Myths, Amplifiers, and Ideologies

James Carse, in Finite and Infinite Games, defines the key attributes of a myth:

“I do not understand the story in terms of my experience, but my experience in terms of the story… As myths make individual experience possible, they also make collective experience possible.”

Further:

“We tell myths for their own sake, because they are stories that insist on being stories – and insist on being told. We come to life at their touch.”

In fact, when you think more about myths:

“Myths are not stories that have meanings, but stories that give meaning.”

And:

“We resonate with myth when it resounds in us.”

Carse says this to say about religions in that contex:

“Myths of irrepressible resonance have lost all trace of an author (he cites the Vedas as an example). Even when sacred texts are written down by an identifiable prophet or evangelist, it is invariably thought that these words were first spoken to their recorders and not spoken by them… Muhammad heard the Quran and did not dictate it. Christians do not read Mark but the gospel according to Mark.”

 

Carse then moves onto the other side of the coin:

“The opposite of resonance is amplification… A loudspeaker is the amplification of a single voice, excluding all others. A bell resonates, a cannon amplifies. We listen to the bell, we are silenced by the cannon.”

We know the problem with the loudspeaker all too well:

“We do not listen to a loudspeaker for what is being said, but only because it is all that is being said… There is no possibility of conversation with a loudspeaker.”

 

Guess which side an ideology falls in?

“Ideology is the amplification of myth. It is the assumption that since the beginning and end of history are known, there is nothing more to say.”

But history is anything but a done deal:

“What ideologists are concerned to hide is the choral nature of history, the sense that it is a symphony of very different, even opposed voices, each nonetheless making the other possible.”
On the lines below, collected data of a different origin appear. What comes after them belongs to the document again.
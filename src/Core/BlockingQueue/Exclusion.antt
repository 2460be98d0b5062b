-- ===== src/Core/BlockingQueue/Exclusion.antt =====
-- Lemmas on the mutex of the queue: who holds it, and who may change the deque.
use epyx.Base.{
  ℕ, ◌≡◌, refl, sym, ap, ◌∙◌, inl, inr, Bool, true, false, List, [], ◌∷◌, Option, none, some, arith,
  ◌==◌, ==_iff, Bool-cases, Option-cases,
}
use epyx.Core.BlockingQueue.{
  Call, pop, pop_for, flush, flush_for, Pc, idle, notifying, closing, pushing, pushing_in, entering,
  testing, waiting, asleep, woken, late, taking, Queue, new_queue, Act, call_push, call_take,
  try_take, call_close, go, notify, spurious, time_out, move, wake, rejoin, lock_at, take_out,
  go_on, begin, is_asleep, sleeps, notify_one, notify_at, end_wait, act, run, then_run,
}

-- A thread between the lock and the unlock of a call.
abbrev pub holds : Pc → Bool
holds (pushing_in v) = true
holds (testing c) = true
holds (waiting c) = true
holds (taking c) = true
holds _ = false

-- Whoever stands there owns the mutex.
abbrev pub IsGuarded : Queue → Type 0
IsGuarded q = (i : ℕ) → holds (q.pc i) ≡ true → q.owner ≡ some i

abbrev Guards : Option Queue → Type 0
Guards none = Unit
Guards (some q) = IsGuarded q

-- A thread moves where nobody owns the mutex, and gets it.
locks : (i : ℕ) (p : Pc) (q : Queue) → IsGuarded q → Guards (lock_at i p q)
unfolding lock_at
locks i p q h = elim (Option-cases q.owner) [
  | inr (j, held) ↦ rw (held, Guards) tt
  | inl free ↦ rw (free, Guards) (moved free)
]
  where
    moved : q.owner ≡ none → (j : ℕ) → holds (move i p q.pc j) ≡ true → some i ≡ some j
    moved free j k = elim (Bool-cases (i == j)) [
      | inl same ↦ ap some ((==_iff i j).0 same)
      | inr other ↦ absurd (ground (arith, h j, other))
    ]

-- A thread moves to where it needs no mutex; the others and the owner stay.
leaves :
    (i : ℕ) (p : Pc) (q : Queue)
    → holds p ≡ false
    → IsGuarded q
    → (j : ℕ) → holds (move i p q.pc j) ≡ true
    → q.owner ≡ some j
leaves i p q away h j k = elim (Bool-cases (i == j)) [
  | inl same ↦ absurd (ground (arith, away, same))
  | inr other ↦ ground (arith, h j, other)
]

-- The owner gives the mutex back.
unlocks :
    (i : ℕ) (p : Pc) (q : Queue)
    → holds (q.pc i) ≡ true
    → holds p ≡ false
    → IsGuarded q
    → (j : ℕ) → holds (move i p q.pc j) ≡ true
    → none ≡ some j
unlocks i p q mine away h j k = elim (Bool-cases (i == j)) [
  | inl same ↦ absurd (ground (arith, away, same))
  | inr other ↦ absurd (ground (arith, h j, h i, other))
]

stays :
    (i : ℕ) (p : Pc) (q : Queue)
    → holds (q.pc i) ≡ true
    → IsGuarded q
    → (j : ℕ) → holds (move i p q.pc j) ≡ true
    → q.owner ≡ some j
stays i p q mine h j k = elim (Bool-cases (i == j)) [
  | inl same ↦ h i mine ∙ ap some ((==_iff i j).0 same)
  | inr other ↦ ground (arith, h j, other)
]

rejoined : (c : Call) → holds (rejoin c) ≡ true
rejoined pop = refl
rejoined pop_for = refl
rejoined flush = refl
rejoined flush_for = refl

awake : (p : Pc) → holds (wake p) ≡ true → holds p ≡ true
awake p h = ground (arith, h)

go_on-Guards : (i : ℕ) (p : Pc) (q : Queue) → q.pc i ≡ p → IsGuarded q → Guards (go_on i p q)
unfolding go_on take_out
go_on-Guards i idle q e h = tt
go_on-Guards i notifying q e h = tt
go_on-Guards i (asleep c) q e h = tt
go_on-Guards i closing q e h =
    leaves i idle (record q { pc = λ j. wake (q.pc j) }) refl (λ j k. h j (awake (q.pc j) k))
go_on-Guards i (pushing v) q e h = locks i (pushing_in v) q h
go_on-Guards i (pushing_in v) q e h = unlocks i notifying q (ap holds e) refl h
go_on-Guards i (entering c) q e h = locks i (testing c) q h
go_on-Guards i (testing c) q e h = stays i _ q (ap holds e) h
go_on-Guards i (waiting c) q e h = unlocks i (asleep c) q (ap holds e) refl h
go_on-Guards i (woken c) q e h = locks i (rejoin c) q h
go_on-Guards i (late c) q e h = elim (Option-cases q.owner) [
  | inl free ↦ rw (free, Guards) (leaves i idle q refl h)
  | inr (j, held) ↦ rw (held, Guards) tt
]
go_on-Guards i (taking c) q e h = unlocks i idle q (ap holds e) refl h

begin-Guards : (i : ℕ) (a : Act) (p : Pc) (q : Queue) → IsGuarded q → Guards (begin i a p q)
unfolding begin take_out
begin-Guards i (call_push v) idle q h = elim (Bool-cases q.opened) [
  | inl yes_open ↦ rw (yes_open, Guards) (leaves i (pushing v) q refl h)
  | inr shut ↦ rw (shut, Guards) h
]
begin-Guards i (call_take c) idle q h = leaves i (entering c) q refl h
begin-Guards i (try_take c) idle q h = elim (Option-cases q.owner) [
  | inl free ↦ rw (free, Guards) (λ j k. sym free ∙ leaves i idle q refl h j k)
  | inr (j, held) ↦ rw (held, Guards) (λ k l. sym held ∙ h k l)
]
begin-Guards i call_close idle q h = leaves i closing q refl h
begin-Guards i _ _ q h = ground arith

notify-Guards :
    (n i : ℕ) (who : Option ℕ) (p : Pc) (q : Queue) → IsGuarded q → Guards (notify_at n i who p q)
unfolding notify_at notify_one
notify-Guards n i none notifying q h = elim (Bool-cases (sleeps n q.pc)) [
  | inl some_sleep ↦ rw (some_sleep, Guards) tt
  | inr none_sleeps ↦ rw (none_sleeps, Guards) (leaves i idle q refl h)
]
notify-Guards n i (some j) notifying q h = elim (Bool-cases (is_asleep (q.pc j))) [
  | inr up ↦ rw (up, Guards) tt
  | inl sleeping ↦
      rw (sleeping, Guards)
        (leaves i idle (record q { pc = move j (wake (q.pc j)) q.pc }) refl
          (leaves j (wake (q.pc j)) q (ground (arith, sleeping)) h))
]
notify-Guards n i who _ q h = ground arith

end_wait-Guards : (i : ℕ) (a : Act) (p : Pc) (q : Queue) → IsGuarded q → Guards (end_wait i a p q)
unfolding end_wait
end_wait-Guards i spurious (asleep c) q h = leaves i (woken c) q refl h
end_wait-Guards i time_out (asleep pop_for) q h = leaves i (late pop_for) q refl h
end_wait-Guards i time_out (asleep flush_for) q h = leaves i (late flush_for) q refl h
end_wait-Guards i _ _ q h = ground arith

act-Guards : (n i : ℕ) (a : Act) (q : Queue) → IsGuarded q → Guards (act n i a q)
unfolding act
act-Guards n i (call_push v) q h = begin-Guards i (call_push v) (q.pc i) q h
act-Guards n i (call_take c) q h = begin-Guards i (call_take c) (q.pc i) q h
act-Guards n i (try_take c) q h = begin-Guards i (try_take c) (q.pc i) q h
act-Guards n i call_close q h = begin-Guards i call_close (q.pc i) q h
act-Guards n i go q h = go_on-Guards i (q.pc i) q refl h
act-Guards n i (notify who) q h = notify-Guards n i who (q.pc i) q h
act-Guards n i spurious q h = end_wait-Guards i spurious (q.pc i) q h
act-Guards n i time_out q h = end_wait-Guards i time_out (q.pc i) q h

run-Guards : (n : ℕ) (acts : List (ℕ × Act)) (q : Queue) → IsGuarded q → Guards (run n acts q)
unfolding run
run-Guards n [] q h = h
run-Guards n ((i, a) ∷ rest) q h =
    next (act n i a q) (act-Guards n i a q h) (λ q' h'. run-Guards n rest q' h')
  where
    next :
        (o : Option Queue)
        → Guards o
        → ((q' : Queue) → IsGuarded q' → Guards (run n rest q'))
        → Guards (then_run (run n rest) o)
    next none k go_on = tt
    next (some q') k go_on = go_on q' k

-- In every state that a schedule reaches, a thread that stands between the lock and the unlock of a
-- call owns the mutex, and no other thread stands there.
pub mutual_exclusion :
    (n : ℕ) (acts : List (ℕ × Act)) (q : Queue) (i : ℕ)
    → run n acts new_queue ≡ some q
    → holds (q.pc i) ≡ true
    → (q.owner ≡ some i) × ((j : ℕ) → holds (q.pc j) ≡ (i == j))
mutual_exclusion n acts q i e a = (g i a, only)
  where
    g : IsGuarded q
    g = rw e at (run-Guards n acts new_queue (λ k l. absurd (cc l)))

    only : (j : ℕ) → holds (q.pc j) ≡ (i == j)
    only j = elim (Bool-cases (i == j)) [
      | inl same ↦
          let e : i ≡ j = (==_iff i j).0 same in ap (λ k. holds (q.pc k)) (sym e) ∙ a ∙ sym same
      | inr other ↦ elim (Bool-cases (holds (q.pc j))) [
        | inr out ↦ out ∙ sym other
        | inl b ↦
            let same : some i ≡ some j = sym (g i a) ∙ g j b in
            let e : i ≡ j = cc same in
            let no : true ≡ false = sym ((==_iff i j).1 e) ∙ other in absurd (cc no)
      ]
    ]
An ideology that succeeds too well may yet sow the seeds of its own destruction:

“The loudspeaker, successfully muting all other voices and therefore all possibility of conversation, is not listened to at all, and for that reason loses its own voice and becomes mere noise.”

Are liberal democracy and political correctness failing for exactly this reason now? Did they silence all other voices far too well for their own good?